Dissertations and habilitations - Laboratoire de Recherche en Informatique

Ph.D de

Ph.D
Group : Large-scale Heterogeneous DAta and Knowledge

Automatic key discovery for Data Linking

Starts on 05/10/2011
Advisor : PERNELLE-MANSCOUR, Nathalie
[SAIS Fatiha]

Funding :
Affiliation : Université Paris-Saclay
Laboratory : LRI-IASI

Defended on 09/10/2014, committee :

Directrice de thèse :
- Mme Nathalie Pernelle, Maître de Conférences, LRI, Université Paris Sud

Co-encadrante :
- Mme Fatiha Saïs, Maître de Conférences, LRI, Université Paris Sud

Rapporteurs :
- Mme Marie-Christine Rousset, Professeur, LIG, Université de Grenoble
- M. Aldo Gangemi , Professeur, LIPN, Université Paris 13

Examinateurs :
- M. Olivier Curé, Maître de Conférences, LIGM, Université Marne-la-Vallée
- M. Alain Denise, Professeur, LRI, Université Paris Sud

Research activities :

Abstract :
In the recent years, the Web of Data has increased significantly, containing a huge number of RDF triples. Integrating data described in different RDF datasets and creating semantic links among them, has become one of the most important goals of RDF applications. These links express semantic correspondences between ontology entities or data. Among the different kinds of semantic links that can be established, identity links express that different resources refer to the same real world entity. By comparing the number of resources published on the Web to the number of identity links, one can observe that the goal of building a Web of data is still not accomplished. Several data linking approaches infer identity links using keys. Nevertheless, in most datasets published on the Web, keys are not available and it can be difficult, even for an expert, to declare them.

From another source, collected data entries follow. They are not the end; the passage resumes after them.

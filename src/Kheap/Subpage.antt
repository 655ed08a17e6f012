-- ===== src/Kheap/Subpage.antt =====
-- `subpage_kmalloc` and `subpage_kfree` of kheap.c, with SLOW and SLOWER undefined. `fuel` bounds the
-- length of the lists of page references that the loops walk.
pub mod Blocks
pub mod Search
use parallel_memory_allocato.Base.{
  ℕ, zero, suc, ◌+◌, ◌-◌, ◌*◌, ◌/◌, ◌%◌, Bool, not, ◌&&◌, ◌||◌, Option, none, some, Outcome, ok,
  stop, Stop, ◌>>=◌, ltb, leb, ◌==◌, if◌then◌else◌,
}
use parallel_memory_allocato.Memlib.{null}
use parallel_memory_allocato.Kheap.Sizes.{page_size, n_sizes, size_of, mkpab, blocktype}
use parallel_memory_allocato.Kheap.State.{
  State, PageRef, pr_pageaddr, pr_blocktype, put_ref, put_cell, set_sizebase,
}
use parallel_memory_allocato.Kheap.PageRefs.{allocpageref, freepageref, remove_lists, sbrk}

-- An assertion before a result.
abbrev pub assert {ℓ} : {A : Type ℓ} → Bool → Outcome A → Outcome A
assert b m = if b then m else stop Stop.assert_failure

-- The asserts at the end of `doalloc`, for the counter and the block as they are then.
unfoldable pub doalloc_check : PageRef → ℕ → Bool
unfolding pr_pageaddr
doalloc_check r fla =
    if r.flist == null then r.nfree == 0 else ltb 0 r.nfree && ltb (fla - pr_pageaddr r) page_size

-- `doalloc`: the first free block of the page. The counter is read only where it is positive.
unfoldable pub doalloc : State → ℕ → Outcome (ℕ × State)
unfolding doalloc_check put_ref
doalloc s pr =
    let r = s.refs pr in
    let r' = record r { flist = s.cells r.flist; nfree = r.nfree - 1 } in
    if r.flist == null
    then stop Stop.null_read
    else assert (doalloc_check r' r.flist) (ok (r.flist, put_ref s pr r'))

-- The loop of `subpage_kmalloc` over the pages of the size class: the first with a free block, or
-- NULL.
unfoldable pub find_page : ℕ → State → ℕ → ℕ → Outcome ℕ
unfolding pr_blocktype
find_page zero s t pr = stop Stop.out_of_fuel
find_page (suc n) s t pr =
    let rest = find_page n s t (s.refs pr).next in
    if pr == null
    then ok null
    else assert (pr_blocktype (s.refs pr) == t) (if ltb 0 (s.refs pr).nfree then ok pr else rest)

-- The loop that links the blocks of a page, for the rounds left from block `i` on.
unfoldable pub link_blocks : ℕ → ℕ → ℕ → ℕ → State → State
unfolding put_cell
link_blocks zero i base size s = s
link_blocks (suc n) i base size s =
    link_blocks n (i + 1) base size (put_cell s (base + i * size) (base + (i - 1) * size))

-- From `pr->pageaddr_and_blocktype = …` to `sizebases[blktype] = pr;`.
unfoldable pub new_page : State → ℕ → ℕ → ℕ → State
unfolding mkpab put_ref put_cell link_blocks set_sizebase
new_page s t pr prpage =
    let n = page_size / size_of t in
    let r = s.refs pr in
    let r' = record r { pageaddr_and_blocktype = mkpab prpage t; nfree = n } in
    let s1 = put_cell (put_ref s pr r') prpage null in
    let s2 = link_blocks (n - 1) 1 prpage (size_of t) s1 in
    let r'' = record (s2.refs pr) { flist = prpage + (n - 1) * size_of t; next = s2.sizebases t } in
    set_sizebase (put_ref s2 pr r'') t pr

-- The address of the page of `pr`, from `mem_sbrk` if it has none; NULL if there is none left.
unfoldable pub page_address : State → ℕ → Outcome (ℕ × State)
unfolding pr_pageaddr sbrk
page_address s pr =
    let prpage = pr_pageaddr (s.refs pr) in if prpage == 0 then sbrk page_size s else ok (prpage, s)

-- The part of `subpage_kmalloc` for no page of the right size available.
unfoldable pub kmalloc_new : State → ℕ → Outcome (ℕ × State)
unfolding allocpageref page_address freepageref new_page doalloc
kmalloc_new s t = do
  (pr, s1) ← allocpageref s
  if pr == null then ok (null, s1) else (do
    (prpage, s2) ← page_address s1 pr
    if prpage == 0 then ok (null, freepageref s2 pr) else doalloc (new_page s2 t pr prpage) pr)

unfoldable pub subpage_kmalloc : ℕ → ℕ → State → Outcome (ℕ × State)
unfolding blocktype find_page doalloc kmalloc_new
subpage_kmalloc fuel sz s = do
  t ← blocktype sz
  pr ← find_page fuel s t (s.sizebases t)
  if pr == null then kmalloc_new s t else doalloc s pr

-- The inner search loop of `subpage_kfree`: the page reference of the list whose page holds `ptr`.
unfoldable pub find_owner_in : ℕ → State → ℕ → ℕ → Outcome ℕ
unfolding pr_pageaddr pr_blocktype
find_owner_in zero s ptr pr = stop Stop.out_of_fuel
find_owner_in (suc n) s ptr pr =
    let rest = find_owner_in n s ptr (s.refs pr).next in
    let prpage = pr_pageaddr (s.refs pr) in
    if pr == null
    then ok null
    else assert (ltb (pr_blocktype (s.refs pr)) n_sizes)
        (if leb prpage ptr && ltb ptr (prpage + page_size) then ok pr else rest)

-- The outer loop, for the `n` lists left from list `i` on.
unfoldable pub find_owner : ℕ → ℕ → ℕ → State → ℕ → Outcome ℕ
unfolding find_owner_in
find_owner fuel zero i s ptr = ok null
find_owner fuel (suc n) i s ptr =
    let rest = find_owner fuel n (i + 1) s ptr in
    find_owner_in fuel s ptr (s.sizebases i) >>= λ pr. if pr == null then rest else ok pr

-- `fill_deadbeef` on the words `next` of a block. Blocks and their sizes are multiples of 8, so a word
-- lies in the block or outside of it.
unfoldable pub fill_deadbeef : State → ℕ → ℕ → State
fill_deadbeef s ptr len = record s {
  cells = λ a. if leb ptr a && ltb a (ptr + len) then 16045690984833335023 else s.cells a;
}

-- The block goes back to its page, from `fill_deadbeef` to `pr->nfree++;`.
unfoldable pub put_back : State → ℕ → ℕ → State
unfolding put_cell put_ref fill_deadbeef pr_blocktype
put_back s pr ptr =
    let s1 = fill_deadbeef s ptr (size_of (pr_blocktype (s.refs pr))) in
    let r = s1.refs pr in
    put_ref (put_cell s1 ptr r.flist) pr (record r { flist = ptr; nfree = r.nfree + 1 })

-- The end of `subpage_kfree`: a page whose blocks are all free is recycled.
unfoldable pub recycle : ℕ → State → ℕ → ℕ → Outcome State
unfolding remove_lists freepageref
recycle fuel s pr t =
    let n = (s.refs pr).nfree in
    let full = page_size / size_of t in
    assert (leb n full)
      (if n == full then (remove_lists fuel s pr t >>= λ s1. ok (freepageref s1 pr)) else ok s)

-- `subpage_kfree`; `none` is its result -1.
unfoldable pub subpage_kfree : ℕ → ℕ → State → Outcome (Option State)
unfolding find_owner put_back recycle pr_pageaddr pr_blocktype
subpage_kfree fuel ptr s = do
  pr ← find_owner fuel n_sizes 0 s ptr
  let offset = ptr - pr_pageaddr (s.refs pr)
  let t = pr_blocktype (s.refs pr)
  if pr == null
      then ok none
      else if leb page_size offset || not (offset % size_of t == 0)
      then stop Stop.exit_failure
      else (recycle fuel (put_back s pr ptr) pr t >>= λ s1. ok (some s1))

The aim of this thesis is to study the problem of automatic key discovery in RDF data and to propose new efficient approaches to tackle this problem. Data published on the Web are usually created automatically, thus may contain erroneous information, duplicates or may be incomplete. Therefore, we focus on developing key discovery approaches that can handle datasets with numerous, incomplete or erroneous information. Our objective is to discover as many keys as possible, even ones that are valid in subparts of the data.

We first introduce KD2R, an approach that allows the automatic discovery of composite keys in RDF datasets that may conform to different ontologies. KD2R is able to treat datasets that may be incomplete and for which the Unique Name Assumption is fulfilled. To deal with the incompleteness of data, KD2R proposes two heuristics that offer different interpretations for the absence of data. KD2R uses pruning techniques to reduce the search space. However, this approach is overwhelmed by the huge amount of data found on the Web. Thus, we present our second approach, SAKey, which is able to scale in very large datasets by using effective filtering and pruning techniques. Moreover, SAKey is capable of discovering keys in datasets where erroneous data or duplicates may exist. More precisely, the notion of almost keys is proposed to describe sets of properties that are not keys due to few exceptions.